■ PROMPT ■
In the records below, how many lines hold the word "ContentStore"? Give only the number.

Records from a dataset
-- ===== src/Receiver/Complete.antt =====
-- The ids of a session's log: stored, or pending.
use dlr.Prelude.{
  ℕ, ◌==◌, ◌≡◌, refl, arith, List, [], ◌++◌, true, if◌then◌else◌, Bool-cases, inl, inr, ◌⊎◌, nat_eq,
  ==_iff,
}
use dlr.Prelude.Assoc
use dlr.Prelude.Results.{Result-cases}
use dlr.Core.Blake3.{Blake3}
use dlr.Core.Block.{BlockId}
use dlr.Core.Merkle.{MerkleRoot}
use dlr.Core.Frame.{AppendFrame, ResyncFrame}
use dlr.Core.Wal.{Disk}
use dlr.Core.Store.{ContentStore, contains, session_ids, seed_session}
use dlr.Receiver.Atomic.{handle_append_refused}
use dlr.Core.Store.View.{sessions-seed_session}
use dlr.Receiver.{
  append_resolved, refs_available, resolve_blocks, Codec, Resolved, Receiver, mem, handle_append,
  session_entry, is_empty,
}
use dlr.Receiver.Sync.{handle_resync}
use dlr.Receiver.Membership.{contains-seed_session, mem-missing_ids, mem-append, is_empty-mem}
use dlr.Receiver.Applied.{Applied}
use dlr.Receiver.Append.{handle_append-Accepted}
use dlr.Receiver.Entries.{session_entry-insert, pending-insert}

module _ (codec : Codec) where
  -- An id of a session's log is stored or pending.
  abbrev pub Known : ℕ → BlockId → Receiver codec → Type 0
  Known sid id r =
      (contains r.store id ≡ true) ⊎ (mem id (session_entry codec sid r.sessions).pending ≡ true)

  abbrev pub IsComplete : Receiver codec → Type 0
  IsComplete r = (sid : ℕ) (id : BlockId) → mem id (session_ids r.store sid) ≡ true → Known sid id r

  -- With nothing pending, all of the log is stored.
  pub IsComplete-stored :
      (r : Receiver codec) (sid : ℕ) (id : BlockId)
      → IsComplete r
      → is_empty (session_entry codec sid r.sessions).pending ≡ true
      → mem id (session_ids r.store sid) ≡ true
      → contains r.store id ≡ true
  IsComplete-stored r sid id h synced m = elim (h sid id m) [
    | inl c ↦ c
    | inr p ↦ absurd (cc (p, is_empty-mem id _ synced))
  ]

  -- What a step may do to the state of the sessions when it leaves the pending sets alone.
  unfoldable pub SamePending : Receiver codec → Receiver codec → Type 0
  SamePending r r' =
      (j : ℕ)
      → (session_entry codec j r'.sessions).pending ≡ (session_entry codec j r.sessions).pending

  pub IsComplete-same :
      (r r' : Receiver codec) → IsComplete r → r'.store ≡ r.store → SamePending r r' → IsComplete r'
  unfolding SamePending
  IsComplete-same r r' h e same j id m = elim (h j id (rw e at m)) [
    | inl c ↦ inl (rw e c)
    | inr p ↦ inr (rw (same j) p)
  ]

  module _ (blake3 : Blake3) (disk : Disk) where
    append_resolved-pending :
        (f : AppendFrame) (items : List Resolved) (r : Receiver codec)
        → SamePending r (append_resolved codec blake3 disk f items r).0
    unfolding SamePending append_resolved
    append_resolved-pending f items r j =
        let kept =
          pending-insert codec f.session_id (session_entry codec f.session_id r.sessions) r.sessions
            j refl in
        ground (arith, kept)

    pub handle_append-pending :
        (f : AppendFrame) (r : Receiver codec)
        → SamePending r (handle_append codec blake3 disk f r).0
    unfolding SamePending handle_append
    handle_append-pending f r j = elim (Result-cases (resolve_blocks codec blake3 f.blocks)) [
      | inr (x, p) ↦ rw (p, handle_append)
      | inl (items, p) ↦ elim (Bool-cases (refs_available r.store [] items)) [
        | inr q ↦ rw (p, q, handle_append)
        | inl q ↦
            rw (p, q, handle_append) (unfold SamePending in append_resolved-pending f items r j)
      ]
    ]

    IsComplete-Applied :
        (sid : ℕ) (ids : List BlockId) (r r' : Receiver codec)
        → IsComplete r
        → is_empty (session_entry codec sid r.sessions).pending ≡ true
        → Applied blake3 sid ids r.store r'.store
        → SamePending r r'
        → IsComplete r'
    unfolding SamePending
    IsComplete-Applied sid ids r r' h synced applied same j id m = elim (Bool-cases (sid == j)) [
      | inr other ↦ elim (h j id (rw (applied.others j other) at m)) [
        | inl c ↦ inl (applied.kept id c)
        | inr p ↦ inr (rw (same j) p)
      ]
      | inl at ↦
          let m' : mem id (session_ids r.store sid ++ ids) ≡ true =
            rw (← applied.log, (==_iff sid j).0 at) m in
          elim (Bool-cases (mem id (session_ids r.store sid))) [
            | inl old ↦ inl (applied.kept id (IsComplete-stored r sid id h synced old))
            | inr new ↦ inl (applied.stored id (rw (mem-append, new) at m'))
          ]
    ]

    pub handle_append-IsComplete :
        (f : AppendFrame) (r : Receiver codec)
        → IsComplete r
        → IsComplete (handle_append codec blake3 disk f r).0
    handle_append-IsComplete f r h = elim (Result-cases (handle_append codec blake3 disk f r).1) [
      | inr (e, p) ↦
          IsComplete-same r _ h (handle_append_refused codec blake3 disk f r e p)
            (handle_append-pending f r)
      | inl (a, p) ↦
          let (items, _, acc) = handle_append-Accepted codec blake3 disk f r a p in
          elim acc.effect [
            | inl (same, _) ↦ IsComplete-same r _ h same (handle_append-pending f r)
            | inr (_, applied) ↦
                IsComplete-Applied f.session_id _ r _ h acc.synced applied
                  (handle_append-pending f r)
          ]
    ]

    -- The ids of a session after its log was seeded.
    pub session_ids-seed :
        (sid j : ℕ) (ids : List BlockId) (root : MerkleRoot) (s : ContentStore)
        → session_ids (seed_session blake3 disk sid ids root s) j
          ≡ (if sid == j then ids else session_ids s j)
    unfolding session_ids
    session_ids-seed sid j ids root s =
        rw sessions-seed_session
          (ground (arith, Assoc.lookup-insert sid j (record { ids = ids; root = root }) s.sessions))

    pub handle_resync-IsComplete :
        (f : ResyncFrame) (r : Receiver codec)
        → IsComplete r
        → IsComplete (handle_resync codec blake3 disk f r).0
    unfolding handle_resync
    handle_resync-IsComplete f r h j id m = elim (Bool-cases (f.session_id == j)) [
      | inr other ↦ elim (h j id (rw (session_ids-seed, other) at m)) [
        | inl c ↦ inl (rw contains-seed_session c)
        | inr p ↦ inr (rw (session_entry-insert, other) p)
      ]
      | inl at ↦ elim (mem-missing_ids r.store f.manifest id (rw (session_ids-seed, at) at m)) [
        | inl c ↦ inl (rw contains-seed_session c)
        | inr p ↦ inr (rw (session_entry-insert, at) p)
      ]
    ]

■ RESULT ■
2